The author rightly comments, "The beginning of questioning well is to seek to question well, which may mean laying down our questions and allowing them to be reshaped and reformed by the answers given to us by God. For if Christianity is true, the end of our exploring will be joy and goodness and life. But the path leads down the via Dolorosa and up toward Golgotha, as we take up our cross and follow the One who went ahead" (28). As Anderson notes, our questions need to be informed, molded, and transformed by the Word of God.

In my experience in ministry, many people ask the wrong questions because they begin at the wrong source, namely themselves rather than the Word of God. When we do that we will always get the wrong answers because rather than grounding our thinking in Scripture, we are instead basing what we think on personal opinions. Addressing this, Anderson states, "Opening ourselves to being questioned by God means, here and now, surrendering ourselves to the word of Scripture, a Word that probes and questions us as we read it" (44). He further explains, "The confidence of our faith must be rooted in the cross, for through His death Christ is faithful to His promises and ushers in the newness of life" (63).

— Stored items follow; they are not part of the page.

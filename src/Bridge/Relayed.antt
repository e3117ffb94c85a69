-- ===== src/Bridge/Relayed.antt =====
-- A request's whole way: from the client through the relay server and the agent to the local server,
-- and the response back.
use Prim.Native.String
use smarthome_backend.Prelude.{
  ℕ, ◌+◌, String, ◌≡◌, ◌≢◌, refl, ◌∙◌, ◌==◌, string_Eq, nat_Eq, eq_iff, nat_eq_iff, true, false,
  List, [], ◌∷◌, Option, none, some, contains, arith, eq_refl,
}
use smarthome_backend.Prelude.Int.{pos}
use smarthome_backend.Prelude.Dict.{lookup, insert, lookup-insert}
use smarthome_backend.Json.{doc, marshal_map, unmarshal_map, to_map_from, unmarshal_value}
use smarthome_backend.Json.Float.{to_int}
use smarthome_backend.Relay.{
  Relay, Event, message, request, enroll, response, sending, waiting, replied, step, run,
  on_request, fields_of, field_of,
}
use smarthome_backend.Relay.Completion.{run-cons, step-enroll}
use smarthome_backend.Relay.Forward.{ClientRequest, request_msg, bound, first_values}
use smarthome_backend.Bridge.{Http, decode, response_msg, local_response, set_headers, serve}
use smarthome_backend.Bridge.Headers.{
  IsMap, first_values-IsMap, first_of, or, lookup-first_values, lookup-texts_from,
}
use smarthome_backend.Bridge.Replies.{local, serve-delivers}

or_none {ℓ} : {A : Type ℓ} (o : Option A) → or o none ≡ o
or_none none = refl
or_none (some v) = refl

-- The agent reads of a request's message what the client has sent: the request's ID, its method and
-- path, its body or null if that does not parse, and each header, whose names stand once in a
-- request, with its first value.
pub decode-request_msg :
    (req_id : String) (r : ClientRequest)
    → IsMap r.headers
    → let m = decode (request_msg req_id r) in
      (m.type ≡ "request")
      × (m.req_id ≡ req_id)
      × (m.method ≡ r.method)
      × (m.path ≡ r.path)
      × (m.body ≡ bound (unmarshal_value r.body))
      × ((name : String) → lookup name m.headers ≡ first_of (lookup name r.headers))
unfolding decode request_msg fields_of field_of unmarshal_map to_map_from insert lookup
decode-request_msg req_id r h = (
  refl,
  refl,
  refl,
  refl,
  refl,
  λ name.
      lookup-texts_from name (first_values [] r.headers) [] (first_values-IsMap [] r.headers tt)
      ∙ or_none (lookup name (first_values [] r.headers))
      ∙ lookup-first_values name [] r.headers h
      ∙ or_none (first_of (lookup name r.headers)),
)

step-request :
    (s : Relay) (agent_id req_id : String) (conn : ℕ)
    → agent_id ≢ ""
    → lookup agent_id s.agents ≡ some conn
    → step s (request agent_id req_id)
      ≡ some (record s { phases = insert s.next (sending req_id) s.phases; next = s.next + 1 })
unfolding step on_request
step-request s agent_id req_id conn named online =
    let other : (agent_id == "") ≡ false = ground (arith, eq_iff agent_id "") in
    rw (other, online) refl

-- The relay server before and after it has passed a request on and waits.
module _ (s : Relay) (agent_id req_id : String) (conn : ℕ) (named : agent_id ≢ "")
    (online : lookup agent_id s.agents ≡ some conn) (free : s.locked ≡ false) where
  abbrev sent : Relay
  sent = record s { phases = insert s.next (sending req_id) s.phases; next = s.next + 1 }

  abbrev pub asked : Relay
  asked = record sent {
    pending = insert req_id s.next s.pending;
    phases = insert s.next waiting sent.phases;
  }

  asked-listed : lookup req_id asked.pending ≡ some s.next
  asked-listed = lookup-insert req_id req_id s.next s.pending ∙ rw (eq_refl req_id) refl

  asked-waits : lookup s.next asked.phases ≡ some waiting
  asked-waits =
      ground (arith, lookup-insert s.next s.next waiting sent.phases, nat_eq_iff s.next s.next)

  run-asks : (es : List Event) → run s (request agent_id req_id ∷ enroll s.next ∷ es) ≡ run asked es
  run-asks es =
      run-cons s sent (request agent_id req_id) (enroll s.next ∷ es)
        (step-request s agent_id req_id conn named online)
      ∙ run-cons sent asked (enroll s.next) es (
          step-enroll sent s.next req_id free (
            ground (
              arith,
              lookup-insert s.next s.next (sending req_id) s.phases,
              nat_eq_iff s.next s.next,
            )))

  -- A client asks for an agent that is online, on a connection whose handler runs, while the lock is
  -- free. Where net/http takes the request at the agent and JSON's number for the status reads back
  -- as the status, the agent sends exactly one message for the message that the relay server has
  -- written; and once the client waits and that message arrives, the client has the status and the
  -- body with which the local server answers its method, its path after the base URL, its headers
  -- over the content type and its body, or the status 500 if that failed.
  pub run-relayed :
      (H : Http) (base : String) (n : ℕ) (r : ClientRequest)
      → H.new_request r.method (String.◌++◌ base r.path) ≡ true
      → to_int (H.number (local H base n (decode (request_msg req_id r))).1)
        ≡ pos (local H base n (decode (request_msg req_id r))).1
      → contains conn s.stopped ≡ false
      → let (body, status) = local H base n (decode (request_msg req_id r)) in
        let answer = response_msg H req_id status body in
        ((body, status)
          ≡ local_response (
              H.exchange n r.method
                (String.◌++◌ base r.path)
                (set_headers H
                  (("Content-Type", "application/json") ∷ [])
                  (decode (request_msg req_id r)).headers)
                (doc (bound (unmarshal_value r.body)))))
        × ((serve H base n (request_msg req_id r ∷ [])).0 ≡ answer ∷ [])
        × ((t : Relay) × (run s
                (request agent_id req_id ∷ enroll s.next ∷ message conn (marshal_map answer) ∷ [])
              ≡ some t)
            × (lookup s.next t.phases ≡ some (replied (response (pos status) body))))
  unfolding decode request_msg fields_of field_of unmarshal_map to_map_from insert lookup run
  run-relayed H base n r taken exact open_ =
      let (only, (t, moved, got)) =
        serve-delivers H base n (request_msg req_id r) asked conn s.next (eq_refl "request") taken
          exact open_ free asked-listed asked-waits in
      let (body, status) = local H base n (decode (request_msg req_id r)) in
      (
        refl,
        only,
        (
          t,
          run-asks (message conn (marshal_map (response_msg H req_id status body)) ∷ [])
              ∙ run-cons asked t (message conn (marshal_map (response_msg H req_id status body))) []
                  moved,
          got,
        ),
      )
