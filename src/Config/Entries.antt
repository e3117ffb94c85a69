-- ===== src/Config/Entries.antt =====
-- internal/config/config.go: an entry and the line that it is read from.
use Prim.Native.String
use text.Mathlib.TextLemmas.{nil-append, cons-append}
use smarthome_backend.Prelude.{
  String, ◌≡◌, ◌∙◌, ap, ◌==◌, string_Eq, eq_iff, some, some-injective, Bool-cases, Option-cases,
  inl, inr,
}
use smarthome_backend.Config.{split_at_equals, line_of}

pub split_at_equals-line_of :
    (l : String) (p : String × String) → split_at_equals l ≡ some p → line_of p ≡ l
unfolding split_at_equals
split_at_equals-line_of String.[] p h = cc
split_at_equals-line_of (String.◌∷◌ c s) p h = elim (Bool-cases (String.◌∷◌ c "" == "=")) [
  | inl here ↦
      let e = (eq_iff (String.◌∷◌ c "") "=").0 here in
      let same : ("", s) ≡ p = some-injective _ _ (rw here at h) in
      rw (← same, ← e) (nil-append _ ∙ cons-append c "" s ∙ ap (λ t. String.◌∷◌ c t) (nil-append s))
  | inr other ↦ elim (Option-cases (split_at_equals s)) [
    | inl none_ ↦ let no = rw (other, none_) at h in cc
    | inr ((k, v), found) ↦
        let same : (String.◌∷◌ c k, v) ≡ p = some-injective _ _ (rw (other, found) at h) in
        rw (← same) (
          cons-append c k (String.◌++◌ "=" v)
          ∙ ap (λ t. String.◌∷◌ c t) (split_at_equals-line_of s (k, v) found))
  ]
]
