-- ===== src/Config/Lines.antt =====
-- internal/config/config.go: the text of the file and its lines.
use Prim.Native.Char.{Char, code}
use Prim.Native.String
use text.Mathlib.TextLemmas.{nil-append, cons-append}
use smarthome_backend.Prelude.{
  String, ◌≡◌, refl, ◌∙◌, ap, ◌==◌, string_Eq, nat_Eq, Bool, false, ◌&&◌, ◌||◌, List, [], ◌∷◌, map,
  All, arith, Bool-cases, Option-cases, inl, inr,
}
use smarthome_backend.Prelude.Dict.{insert, All-insert}
use smarthome_backend.Config.{
  is_space, trim_left, trim_right, trim_space, split_at_equals, is_comment, Vars, enter, read_lines,
  line_of, longer_first, lines_of, file_of,
}
use smarthome_backend.Config.Entries.{split_at_equals-line_of}

unfoldable pub has_newline : String → Bool
has_newline String.[] = false
has_newline (String.◌∷◌ c s) = code c == 0x0a || has_newline s

abbrev pub IsLine : String → Type 0
IsLine s = has_newline s ≡ false

-- An entry that is written on one line.
abbrev pub IsOneLine : String × String → Type 0
IsOneLine p = IsLine (line_of p)

pub has_newline-append :
    (s t : String) → has_newline (String.◌++◌ s t) ≡ has_newline s || has_newline t
unfolding has_newline
has_newline-append String.[] t = rw (nil-append t) refl
has_newline-append (String.◌∷◌ c s) t =
    rw (cons-append c s t, has_newline-append s t) (ground arith)

trim_left-IsLine : (s : String) → IsLine s → IsLine (trim_left s)
unfolding trim_left has_newline
trim_left-IsLine String.[] h = refl
trim_left-IsLine (String.◌∷◌ c s) h = elim (Bool-cases (is_space (code c))) [
  | inl gone ↦ rw gone (trim_left-IsLine s (ground arith))
  | inr kept ↦ rw kept h
]

trim_right-IsLine : (s : String) → IsLine s → IsLine (trim_right s)
unfolding trim_right has_newline
trim_right-IsLine String.[] h = refl
trim_right-IsLine (String.◌∷◌ c s) h = elim (Bool-cases (trim_right s == "" && is_space (code c))) [
  | inl gone ↦ rw gone refl
  | inr kept ↦ rw kept (ground (arith, trim_right-IsLine s))
]

longer_first-IsLine :
    (c : Char) (ls : List String)
    → (code c == 0x0a) ≡ false
    → All IsLine ls
    → All IsLine (longer_first c ls)
unfolding has_newline
longer_first-IsLine c [] h k = (ground arith, tt)
longer_first-IsLine c (l ∷ ls) h k = (ground (arith, k.0), k.1)

lines_of-IsLine : (s : String) → All IsLine (lines_of s)
unfolding lines_of has_newline
lines_of-IsLine String.[] = tt
lines_of-IsLine (String.◌∷◌ c s) = elim (Bool-cases (code c == 0x0a)) [
  | inl break ↦ rw break (refl, lines_of-IsLine s)
  | inr plain ↦ rw plain (longer_first-IsLine c (lines_of s) plain (lines_of-IsLine s))
]

lines_of-line :
    (l t : String) → IsLine l → lines_of (String.◌++◌ l (String.◌++◌ "\n" t)) ≡ l ∷ lines_of t
unfolding lines_of has_newline
lines_of-line String.[] t h =
    rw (nil-append (String.◌++◌ "\n" t), cons-append "\n" "" t, nil-append t) refl
lines_of-line (String.◌∷◌ c l) t h =
    let plain : (code c == 0x0a) ≡ false = ground arith in
    rw (cons-append c l (String.◌++◌ "\n" t), plain, lines_of-line l t (ground arith)) refl

-- Lines that are written are read.
pub lines_of-file_of : (ls : List String) → All IsLine ls → lines_of (file_of ls) ≡ ls
unfolding file_of lines_of
lines_of-file_of [] h = refl
lines_of-file_of (l ∷ ls) h =
    lines_of-line l (file_of ls) h.0 ∙ ap (λ m. l ∷ m) (lines_of-file_of ls h.1)

read_lines-IsOneLine :
    (lines : List String) (vars : Vars)
    → All IsOneLine vars
    → All IsLine lines
    → All IsOneLine (read_lines vars lines)
unfolding read_lines enter trim_space
read_lines-IsOneLine [] vars h k = h
read_lines-IsOneLine (line ∷ lines) vars h k =
    let l = trim_space line in
    elim (Bool-cases (l == "" || is_comment l)) [
      | inl skipped ↦ rw skipped (read_lines-IsOneLine lines vars h k.1)
      | inr full ↦ rw full (elim (Option-cases (split_at_equals l)) [
        | inl bad ↦ rw bad (read_lines-IsOneLine lines vars h k.1)
        | inr (p, found) ↦
            let one : IsOneLine p =
              ap has_newline (split_at_equals-line_of l p found)
              ∙ trim_left-IsLine (trim_right line) (trim_right-IsLine line k.0) in
            rw found (
              read_lines-IsOneLine lines (insert p.0 p.1 vars)
                (All-insert IsOneLine p.0 p.1 vars one h) k.1)
      ])
    ]

pub read_vars-IsOneLine : (text : String) → All IsOneLine (read_lines [] (lines_of text))
read_vars-IsOneLine text = read_lines-IsOneLine (lines_of text) [] tt (lines_of-IsLine text)

pub line_of-IsLine : (m : Vars) → All IsOneLine m → All IsLine (map line_of m)
line_of-IsLine [] h = tt
line_of-IsLine (p ∷ m) h = (h.0, line_of-IsLine m h.1)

Moreover, Anderson makes an important point concerning the resurgence of catechisms, commenting, "The recovery of catechesis is one of the most hopeful signs for Christians interested in cultivating their ability to question and live into the answers. Christians throughout history have used catechisms to train those new to the faith in the fundamentals. Answers were often memorized, with the goal that they would be internalized so that the catechumen could have a lively dialogue with the teacher. As Christians recover the practice of catechesis, our questions will become more sophisticated because we will have a more robust framework through which to look at the world. The apologetics movement could think of its own work through this lens. Answers and particular reasons almost never persuade people. But internalizing them lays a helpful foundation that allows for the more lively and productive back-and-forth of dialoguing together" (79).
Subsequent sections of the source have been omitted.